We have the Practices of Spiritual Leadership.

  • We have the practice of Covenant, which calls us to our deep interdependence, and which does not break but requires us to hold ourselves and one another in accountability and compassion.
  • We have the practice of Faithful Risking, which reminds us that the call to faith requires us to continual growth and invites us to consider not only what are the risks of trying something new? But also, what are the risks of not trying something new?
  • We have the gift of our tradition, and our obligation to tend what we have inherited with an eye toward what we will gift to the generations to come.
  • We have the practice of doing our inner work, which invites our connection to the deep wisdom that will help us navigate the path between our power and our powerlessness in this evolving landscape.
  • We have the practice of centering in gifts, through which we can recognize gifts that may have been overlooked in years past which might become the mortar that holds our new bricks together.
  • We have stories to mine and the words and deeds of prophetic people, past and present.

We believe this work of shaping change is the cornerstone of our collective work in the coming months and years, and that we are creating the blueprints as we go.
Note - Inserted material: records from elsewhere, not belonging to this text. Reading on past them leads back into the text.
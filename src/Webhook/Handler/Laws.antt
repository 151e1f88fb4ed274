-- ===== src/Webhook/Handler/Laws.antt =====
-- What app/webhook-request-handler.ts answers, and to whom.
use admissorium.Prelude.{
  ℕ, String, ◌≡◌, refl, ◌≢◌, ◌↔◌, ◌⊎◌, inl, inr, true, false, Option, none, some, eq_iff, arith,
  Bool-cases,
}
use admissorium.Js.{Value, Env, text, Platform}
use admissorium.Webhook.Intake.{compute_signature}
use admissorium.Webhook.Route.{RouteDecision, acknowledge_only, dispatch_webhook_route}
use admissorium.Webhook.Handler.{
  routed, denied_intake, Request, RequestEnvelope, Response, header, valid_signature, is_denied,
  route_status, refused, answer, handle_body, handle_headers, handle_webhook_request,
}

-- A denial has a status of its own, and only a denial has.
route_status_lem :
    (d : RouteDecision)
    → (is_denied d ≡ false → route_status d ≡ 202)
      × (is_denied d ≡ true → (route_status d ≡ 403) ⊎ (route_status d ≡ 422))
unfolding is_denied route_status
route_status_lem acknowledge_only = ground arith
route_status_lem _ = ground arith

-- The outcome and the status code tell the same story.
pub record IsConsistent (r : Response) : Type 0 where
  pub accepted_routed : (r.accepted ≡ true) ↔ (r.decision ≡ routed)
  pub accepted_status : (r.accepted ≡ true) ↔ (r.status_code ≡ 202)
  pub intake_plan : (r.decision ≡ denied_intake) ↔ (r.route_plan ≡ none)
  pub statuses :
      (r.status_code ≡ 202)
      ⊎ ((r.status_code ≡ 400)
          ⊎ ((r.status_code ≡ 401) ⊎ ((r.status_code ≡ 403) ⊎ (r.status_code ≡ 422))))

answer-IsConsistent :
    (process_env : Env) (envelope : RequestEnvelope) (env : Option Env)
    → IsConsistent (answer process_env envelope env)
unfolding answer
answer-IsConsistent process_env envelope env =
    let plan = dispatch_webhook_route process_env (record {
      event = envelope.event;
      delivery = envelope.delivery;
      payload = envelope.payload;
      env = env;
    }) in
    ground (arith, route_status_lem plan.decision)

refused-IsConsistent :
    (status : ℕ) (reason : String)
    → (status ≡ 400) ⊎ (status ≡ 401)
    → IsConsistent (refused status reason)
unfolding refused
refused-IsConsistent status reason h = ground arith

handle_body-IsConsistent :
    (node : Platform) (request : Request) (event delivery : String) (payload : Option Value)
    → IsConsistent (handle_body node request event delivery payload)
unfolding handle_body
handle_body-IsConsistent node request event delivery none = refused-IsConsistent 400 _ (inl refl)
handle_body-IsConsistent node request event delivery (some payload) =
    answer-IsConsistent node.process_env _ request.env

handle_headers-IsConsistent :
    (node : Platform) (request : Request) (event delivery signature : Option String)
    → IsConsistent (handle_headers node request event delivery signature)
unfolding handle_headers
handle_headers-IsConsistent node request none delivery signature =
    refused-IsConsistent 400 _ (inl refl)
handle_headers-IsConsistent node request (some event) none signature =
    refused-IsConsistent 400 _ (inl refl)
handle_headers-IsConsistent node request (some event) (some delivery) signature =
    elim (Bool-cases (valid_signature node request.secret request.body signature)) [
      | inl ok ↦ rw ok (handle_body-IsConsistent node request event delivery _)
      | inr bad ↦ rw bad (refused-IsConsistent 401 _ (inr refl))
    ]

-- Only a signed request with both headers and a JSON body reaches the dispatcher.
handle_headers-signed :
    (node : Platform) (request : Request) (event delivery signature : Option String)
    → (handle_headers node request event delivery signature).route_plan ≢ none
    → (signature ≡ some (compute_signature node (text request.body) request.secret))
      × (event ≢ none)
      × (delivery ≢ none)
      × (node.parse_json request.body ≢ none)
unfolding handle_headers valid_signature
handle_headers-signed node request none delivery signature h = absurd (h refl)
handle_headers-signed node request (some event) none signature h = absurd (h refl)
handle_headers-signed node request (some event) (some delivery) none h = absurd (h refl)
handle_headers-signed node request (some event) (some delivery) (some observed) h =
    ground (arith, eq_iff observed (compute_signature node (text request.body) request.secret))

module _ (node : Platform) (request : Request) where
  abbrev response : Response
  response = handle_webhook_request node request

  -- The decision, the acceptance, the status code and the presence of a plan agree.
  pub handle_webhook_request-IsConsistent : IsConsistent response
  unfolding handle_webhook_request
  handle_webhook_request-IsConsistent = handle_headers-IsConsistent node request _ _ _

  -- A request gets a plan only if its signature header is the digest of its body under the secret,
  -- the event and delivery headers are there, and the body is JSON.
  pub handle_webhook_request-signed :
      response.route_plan ≢ none
      → (header node.small_letters request.headers "x-hub-signature-256"
          ≡ some (compute_signature node (text request.body) request.secret))
        × (header node.small_letters request.headers "x-github-event" ≢ none)
        × (header node.small_letters request.headers "x-github-delivery" ≢ none)
        × (node.parse_json request.body ≢ none)
  unfolding handle_webhook_request
  handle_webhook_request-signed h = handle_headers-signed node request _ _ _ h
Together, in a year, or a decade, or perhaps a generation, a picture will emerge of what we begin to shape today.

In coming blogs we will address some of the common questions we hear from you - questions about how the pandemic has impacted volunteering, family ministry, stewardship, the meaning of membership, and other aspects of daily congregational life. We will offer our reflections, and share questions you might use for deeper conversations with your team.
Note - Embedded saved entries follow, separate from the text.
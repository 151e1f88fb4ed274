-- ===== src/Examples/Webhook.antt =====
-- The webhook parts at a pull request of `Verifrax/AUCTORISEAL`.
use admissorium.Prelude.{String, ◌≡◌, ◌≢◌, refl, arith, ◌↔◌, none, some, [], ◌∷◌}
use admissorium.Js.{Value, str, obj, field, end, Env, text, Platform}
use admissorium.Text.{to_lower_case}
use admissorium.Webhook.Route.{
  RouteInput, dispatch_pull_request_plan, dispatch_push_plan, repository, pull_request_head_sha,
  push_head_sha, dispatch_webhook_route,
}
use admissorium.Webhook.Route.Laws.{IsLive, dispatch_iff}
use admissorium.Webhook.Intake.{
  single, EnvelopeInput, compute_signature, is_hex_digest, verify_signature, valid, accepted,
  parse_envelope,
}
use admissorium.Webhook.Intake.Laws.{
  HasHexDigests, IsIntake, verify_signature-valid_iff, parse_envelope-accepted_iff,
}
use admissorium.Webhook.Handler.{
  Request, header, handle_webhook_request, handle_headers, handle_body, answer, valid_signature,
}
use admissorium.Webhook.Handler.Laws.{
  IsConsistent, handle_webhook_request-IsConsistent, handle_webhook_request-signed,
}

abbrev unset : Env
unset name = none

abbrev pub payload : Value
payload = obj (
    field "repository" (obj (field "full_name" (str "Verifrax/AUCTORISEAL") end)) (
      field "pull_request" (obj (field "head" (obj (field "sha" (str "abc123") end)) end))
        (field "after" (str "def456") end)))

abbrev pub route_input : String → RouteInput
route_input event = record {
  event = event;
  delivery = "delivery-1";
  payload = payload;
  env = some unset;
}

dispatch_iff_example :
    let plan = dispatch_webhook_route unset (route_input "push") in
    (((plan.decision ≡ dispatch_pull_request_plan)
        × (plan.repository ≡ some "Verifrax/AUCTORISEAL")
        × (plan.head_sha ≡ some "def456"))
      ↔ (IsLive unset (route_input "push")
          × ((route_input "push").event ≡ "pull_request")
          × (repository payload ≡ some "Verifrax/AUCTORISEAL")
          × (pull_request_head_sha payload ≡ some "def456")))
    × (((plan.decision ≡ dispatch_push_plan)
          × (plan.repository ≡ some "Verifrax/AUCTORISEAL")
          × (plan.head_sha ≡ some "def456"))
        ↔ (IsLive unset (route_input "push")
            × ((route_input "push").event ≡ "push")
            × (repository payload ≡ some "Verifrax/AUCTORISEAL")
            × (push_head_sha payload ≡ some "def456")))
dispatch_iff_example = dispatch_iff unset (route_input "push") "Verifrax/AUCTORISEAL" "def456"

-- a platform whose digest is constant
abbrev pub node : Platform
node = record {
  hmac_sha256_hex =
      λ secret body. "0123456789abcdef0123456789abcdef0123456789abcdef0123456789abcdef";
  parse_json = λ s. some payload;
  decode_utf8 = λ bytes. "";
  small_letters = λ c. String.◌∷◌ c "";
  process_env = unset;
}

node-HasHexDigests : HasHexDigests node
unfolding is_hex_digest
node-HasHexDigests secret body = refl

abbrev pub digest : String
digest = "sha256=0123456789abcdef0123456789abcdef0123456789abcdef0123456789abcdef"

verify_signature-valid_iff_example :
    ((verify_signature node (text "{}") "secret" (some digest)).verdict ≡ valid)
    ↔ (some digest ≡ some (compute_signature node (text "{}") "secret"))
verify_signature-valid_iff_example =
    verify_signature-valid_iff node (text "{}") "secret" (some digest) node-HasHexDigests

abbrev envelope_input : EnvelopeInput
envelope_input = record {
  headers = record {
    event = some "pull_request";
    delivery = some "delivery-1";
    signature = some digest;
    user_agent = none;
  };
  raw_body = text "{}";
  webhook_secret = "secret";
  allowed_events = none;
}

parse_envelope-accepted_iff_example :
    (let envelope = parse_envelope node envelope_input in
      (envelope.verdict ≡ accepted)
      × (envelope.event ≡ some "pull_request")
      × (envelope.delivery ≡ some "delivery-1")
      × (envelope.payload ≡ some payload))
    ↔ IsIntake node envelope_input "pull_request" "delivery-1" payload
parse_envelope-accepted_iff_example =
    parse_envelope-accepted_iff node envelope_input "pull_request" "delivery-1" payload

abbrev pub request : Request
request = record {
  headers =
      ("X-GitHub-Event", single "pull_request")
      ∷ ("X-GitHub-Delivery", single "delivery-1")
      ∷ ("X-Hub-Signature-256", single digest)
      ∷ [];
  body = "{}";
  secret = "secret";
  env = none;
}

handle_webhook_request-IsConsistent_example : IsConsistent (handle_webhook_request node request)
handle_webhook_request-IsConsistent_example = handle_webhook_request-IsConsistent node request

request-routed : (handle_webhook_request node request).route_plan ≢ none
unfolding handle_webhook_request handle_headers handle_body answer valid_signature compute_signature
    header to_lower_case
request-routed = λ h. ground arith

handle_webhook_request-signed_example :
    (header node.small_letters request.headers "x-hub-signature-256"
      ≡ some (compute_signature node (text request.body) request.secret))
    × (header node.small_letters request.headers "x-github-event" ≢ none)
    × (header node.small_letters request.headers "x-github-delivery" ≢ none)
    × (node.parse_json request.body ≢ none)
handle_webhook_request-signed_example = handle_webhook_request-signed node request request-routed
We’d love to hear where these questions lead your thinking, or what new questions they raise for you. Please email us at newengland@uua.org to let us know. We are ever grateful to be here with you, learning alongside you, building a new way, shaping our shared future.
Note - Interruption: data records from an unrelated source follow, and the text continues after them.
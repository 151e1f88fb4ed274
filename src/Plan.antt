-- ===== src/Plan.antt =====
-- The plans that app/*-plan.ts make from a report: of a check run, of a pull request that repairs
-- projections, and of an issue about quarantined surfaces. No plan writes anything.
--
-- The conversions of an unknown value to text, `JSON.stringify` and `${...}`, are arguments.
pub mod CheckRun
pub mod Repair
pub mod Quarantine
use admissorium.Prelude.{Char, String, List, ◌∷◌, []}
use admissorium.Js.{Value}

pub record Printer : Type 0 where
  pub stringify : Value → String
  pub interpolate : Value → String
  pub small_letters : Char → String

-- the sentences that every plan opens with
abbrev pub preamble : List String
preamble =
    "ADMISSORIUM does not decide truth."
    ∷ "ADMISSORIUM enforces admissibility of materialized surfaces against the accepted VERIFRAX object graph."
    ∷ "" ∷ []
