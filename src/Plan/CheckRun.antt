-- ===== src/Plan/CheckRun.antt =====
-- app/check-run-plan.ts: the check run that reports a merge verdict, with the decision about writing
-- it. `none` is the `SyntaxError` that `decideWrite` may throw.
use admissorium.Prelude.{
  String, Bool, true, false, Option, none, some, List, [], ◌∷◌, ◌++◌, map, if◌then◌else◌,
}
use admissorium.Text.{◌⧺◌, is_empty, join, print_count}
use admissorium.Js.{Env, or_also}
use admissorium.Fallible.{◌>>=◌}
use admissorium.Report.{AdmissibilityReport, Finding, verdict_text, severity_text}
use admissorium.Report.Merge.{
  MergeVerdict, pass, pass_with_projection_repair, requires_governance_review,
  blocked_by_constitutional_drift, quarantined, Conclusion, MergeVerdictArtifact, merge_text,
  conclusion_text, build_merge_verdict_artifact,
}
use admissorium.Permissions.Policy.{
  PermissionPolicy, ProtectedPathsPolicy, load_permission_policy, load_protected_paths_policy,
}
use admissorium.Permissions.Decision.{WriteInput, WriteDecision, Surroundings, decide_write}
use admissorium.Plan.{preamble}

pub record CheckRunPlanInput : Type 0 where
  pub report : AdmissibilityReport
  pub head_sha : String
  pub repository_full_name : String
  pub details_url : Option String
  pub env : Option Env
  pub permission_policy : Option PermissionPolicy
  pub protected_paths_policy : Option ProtectedPathsPolicy

pub record CheckRunPlan : Type 0 where
  pub dry_run : Bool
  pub write_behavior : String
  pub name : String
  pub repository : String
  pub head_sha : String
  pub status : String
  pub conclusion : Conclusion
  pub title : String
  pub summary : String
  pub text : String
  pub merge_verdict : MergeVerdictArtifact
  pub permission_decision : WriteDecision
  pub details_url : Option String

abbrev title_for : MergeVerdict → String
title_for pass = "ADMISSORIUM admissibility passed"
title_for blocked_by_constitutional_drift = "ADMISSORIUM blocked inadmissible materialization"
title_for quarantined = "ADMISSORIUM quarantined materialization"
title_for requires_governance_review = "ADMISSORIUM requires governance review"
title_for pass_with_projection_repair = "ADMISSORIUM projection repair required"

abbrev bool_text : Bool → String
bool_text true = "true"
bool_text false = "false"

summary_for : AdmissibilityReport → MergeVerdictArtifact → String
summary_for report artifact =
    join
      ("Admissibility verdict: " ⧺ verdict_text report.verdict
        ∷ "Merge verdict: " ⧺ merge_text artifact.verdict
        ∷ "RED: " ⧺ print_count report.red_count
        ∷ "YELLOW: " ⧺ print_count report.yellow_count
        ∷ "QUARANTINED: " ⧺ print_count report.quarantine_count
        ∷ "Merge allowed: " ⧺ bool_text artifact.merge_allowed
        ∷ [])
      "\n"

finding_line : Finding → String
finding_line finding =
    "- "
    ⧺ severity_text finding.severity
    ⧺ ": "
    ⧺ finding.finding_id
    ⧺ " — "
    ⧺ finding.recommended_action

abbrev finding_lines : List Finding → List String
finding_lines [] = "No findings." ∷ []
finding_lines (finding ∷ findings) = map finding_line (finding ∷ findings)

text_for : AdmissibilityReport → MergeVerdictArtifact → String
text_for report artifact =
    join
      (preamble
        ++ ("## Counts"
            ∷ ""
            ∷ "- RED: " ⧺ print_count report.red_count
            ∷ "- YELLOW: " ⧺ print_count report.yellow_count
            ∷ "- GREEN: " ⧺ print_count report.green_count
            ∷ "- QUARANTINED: " ⧺ print_count report.quarantine_count
            ∷ ""
            ∷ "## Merge verdict"
            ∷ ""
            ∷ "- verdict: " ⧺ merge_text artifact.verdict
            ∷ "- merge_allowed: " ⧺ bool_text artifact.merge_allowed
            ∷ "- check_conclusion: " ⧺ conclusion_text artifact.check_conclusion
            ∷ "- reason: " ⧺ artifact.reason
            ∷ ""
            ∷ "## Findings"
            ∷ ""
            ∷ [])
        ++ finding_lines report.findings)
      "\n"

-- what `decideWrite` is asked
abbrev pub asked : CheckRunPlanInput → PermissionPolicy → ProtectedPathsPolicy → WriteInput
asked input permission protected = record {
  mode = some "block";
  write_class_camel = some "CHECK_RUN";
  write_class = none;
  action = none;
  target_path_camel = none;
  target_path = none;
  changed_paths_camel = none;
  changed_paths = none;
  execute_write_camel = none;
  execute_write = none;
  permission_policy_camel = some permission;
  permission_policy = none;
  policy = none;
  protected_paths_policy_camel = some protected;
  protected_paths_policy = none;
  env = input.env;
}

-- the same, with the policies that are not given read from their files
unfoldable pub decision_input : Surroundings → CheckRunPlanInput → Option WriteInput
decision_input around input = do
  permission ← or_also input.permission_policy (load_permission_policy around.files)
  protected ← or_also input.protected_paths_policy (load_protected_paths_policy around.files)
  some (asked input permission protected)

abbrev given_url : Option String → Option String
given_url none = none
given_url (some url) = if is_empty url then none else some url

unfoldable pub build_check_run_plan : Surroundings → CheckRunPlanInput → Option CheckRunPlan
unfolding summary_for text_for finding_line
build_check_run_plan around input = do
  let artifact = build_merge_verdict_artifact input.report
  question ← decision_input around input
  decision ← decide_write around question
  some (record {
    dry_run = true;
    write_behavior = "NONE";
    name = "admissorium-admissibility";
    repository = input.repository_full_name;
    head_sha = input.head_sha;
    status = "completed";
    conclusion = artifact.check_conclusion;
    title = title_for artifact.verdict;
    summary = summary_for input.report artifact;
    text = text_for input.report artifact;
    merge_verdict = artifact;
    permission_decision = decision;
    details_url = given_url input.details_url;
  })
Resources and Questions for Deeper Diving

New Day’s Lyric (YouTube, 2 minutes) by Amanda Gorman

Building A New Way (YouTube, 3 minutes), sung by Dr. Glen Thomas Rideout, Director of Worship Arts at First Universalist Church of Minneapolis

  1. Amanda Gorman writes, “That though we weren’t / Ready for this, / We have been readied by it.” Draw a line down the middle of a piece of paper. On one side, reflect on the challenges of the last two years that your congregation wasn’t ready for. Approach this without judgment - remember, hindsight is 20/20! On the other side, reflect on how your congregation has been readied by the trials of these years. What strengths emerged? What lessons have been learned? Talk together about how you might take those learnings and responses more intentionally to shape some of your congregation’s practices and policies to become ready for what might come next.
  2. “Let us not return to what was normal / But reach toward what is next.” Consider what you once took for granted about belonging to your congregation. How has your thinking changed about what is essential about congregational life? How are you understanding what belonging means now? How do you hope it will be understood in the future?
  3. Our hymn Building A New Way affirms that we can feed our every need; we are fighting to be free; and peace and freedom is our cry. Talk together about your own congregation’s mission and purpose. Are we centering that mission, that purpose, as we think about shaping what comes next for our people, our congregation, our legacy of faith? How can we continue to remind ourselves and each other of the power and promise of a people bound together in the shared purpose of building and being a beloved and liberatory community?